[Dataset entries]

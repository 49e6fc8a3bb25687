-- ===== src/Diagnosis/Controller/Overtaken.antt =====
-- Runs of `AnalysisController` (tools/viewer/web/ai_provider.js) that are overtaken by other events.
use open_fpgastudio.Base.{ℕ, ◌+◌, ◌≡◌, refl, true, none, some, arith}
use open_fpgastudio.Diagnosis.Controller.{
  completed, cancelled, failed, is_active, is_cancelled, timeout, ProviderError, passed, Controller,
  show, abort_latest, cancel_run, start_run, finish, shown_error, throw_error, fire_timer,
  retry_or_throw, provider_throws, validate_shown, settle_reply, provider_replies,
}

module _ {Result : Type 0} (c : Controller Result) where
  abbrev pub older : ℕ
  older = c.generation + 1

  abbrev pub newer : ℕ
  newer = c.generation + 2

  -- A run that is followed by another at once, and whose timer then fires.
  abbrev pub overtaken : ℕ → ℕ → Controller Result
  overtaken r q = fire_timer older (start_run q (start_run r c))

  -- When a run is followed by another, its timer stays set; when it fires, the provider of the newer
  -- run, which has its own timer still set, is aborted, and the newer run is shown as timed out as soon
  -- as its provider throws for that.
  pub overtaken_timeout :
      (r q : ℕ) (e : ProviderError)
      → e.is_abort ≡ true
      → ((start_run q (start_run r c)).timers older ≡ true)
        × ((overtaken r q).timers newer ≡ true)
        × ((overtaken r q).aborted newer ≡ true)
        × ((provider_throws newer e (overtaken r q)).shown ≡ show failed newer none (some timeout))
  unfolding provider_throws retry_or_throw throw_error shown_error fire_timer start_run abort_latest
      cancel_run is_cancelled finish
  overtaken_timeout r q e h = (ground arith, ground arith, ground arith, ground arith)

  -- When a run is cancelled and its provider replies all the same, with a reply that the validator
  -- accepts, the run is shown as completed.
  pub cancelled_completes :
      (r : ℕ) (result : Result)
      → let stopped = cancel_run (start_run r c) in
        (stopped.shown.status ≡ cancelled)
        × ((provider_replies older (passed result) stopped).shown
            ≡ show completed older (some result) none)
  unfolding provider_replies start_run cancel_run abort_latest validate_shown settle_reply finish
      is_active
  cancelled_completes r result = (refl, ground arith)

▶ Work instruction: What is wanted is the complete set of entries, returned verbatim.

▶ Result of the exercise:
repository 49e6fc8a3bb25687
-- ===== src/Diagnosis/Controller/Overtaken.antt =====
-- Runs of `AnalysisController` (tools/viewer/web/ai_provider.js) that are overtaken by other events.
use open_fpgastudio.Base.{ℕ, ◌+◌, ◌≡◌, refl, true, none, some, arith}
use open_fpgastudio.Diagnosis.Controller.{
  completed, cancelled, failed, is_active, is_cancelled, timeout, ProviderError, passed, Controller,
  show, abort_latest, cancel_run, start_run, finish, shown_error, throw_error, fire_timer,
  retry_or_throw, provider_throws, validate_shown, settle_reply, provider_replies,
}

module _ {Result : Type 0} (c : Controller Result) where
  abbrev pub older : ℕ
  older = c.generation + 1

  abbrev pub newer : ℕ
  newer = c.generation + 2

  -- A run that is followed by another at once, and whose timer then fires.
  abbrev pub overtaken : ℕ → ℕ → Controller Result
  overtaken r q = fire_timer older (start_run q (start_run r c))

  -- When a run is followed by another, its timer stays set; when it fires, the provider of the newer
  -- run, which has its own timer still set, is aborted, and the newer run is shown as timed out as soon
  -- as its provider throws for that.
  pub overtaken_timeout :
      (r q : ℕ) (e : ProviderError)
      → e.is_abort ≡ true
      → ((start_run q (start_run r c)).timers older ≡ true)
        × ((overtaken r q).timers newer ≡ true)
        × ((overtaken r q).aborted newer ≡ true)
        × ((provider_throws newer e (overtaken r q)).shown ≡ show failed newer none (some timeout))
  unfolding provider_throws retry_or_throw throw_error shown_error fire_timer start_run abort_latest
      cancel_run is_cancelled finish
  overtaken_timeout r q e h = (ground arith, ground arith, ground arith, ground arith)

  -- When a run is cancelled and its provider replies all the same, with a reply that the validator
  -- accepts, the run is shown as completed.
  pub cancelled_completes :
      (r : ℕ) (result : Result)
      → let stopped = cancel_run (start_run r c) in
        (stopped.shown.status ≡ cancelled)
        × ((provider_replies older (passed result) stopped).shown
            ≡ show completed older (some result) none)
  unfolding provider_replies start_run cancel_run abort_latest validate_shown settle_reply finish
      is_active
  cancelled_completes r result = (refl, ground arith)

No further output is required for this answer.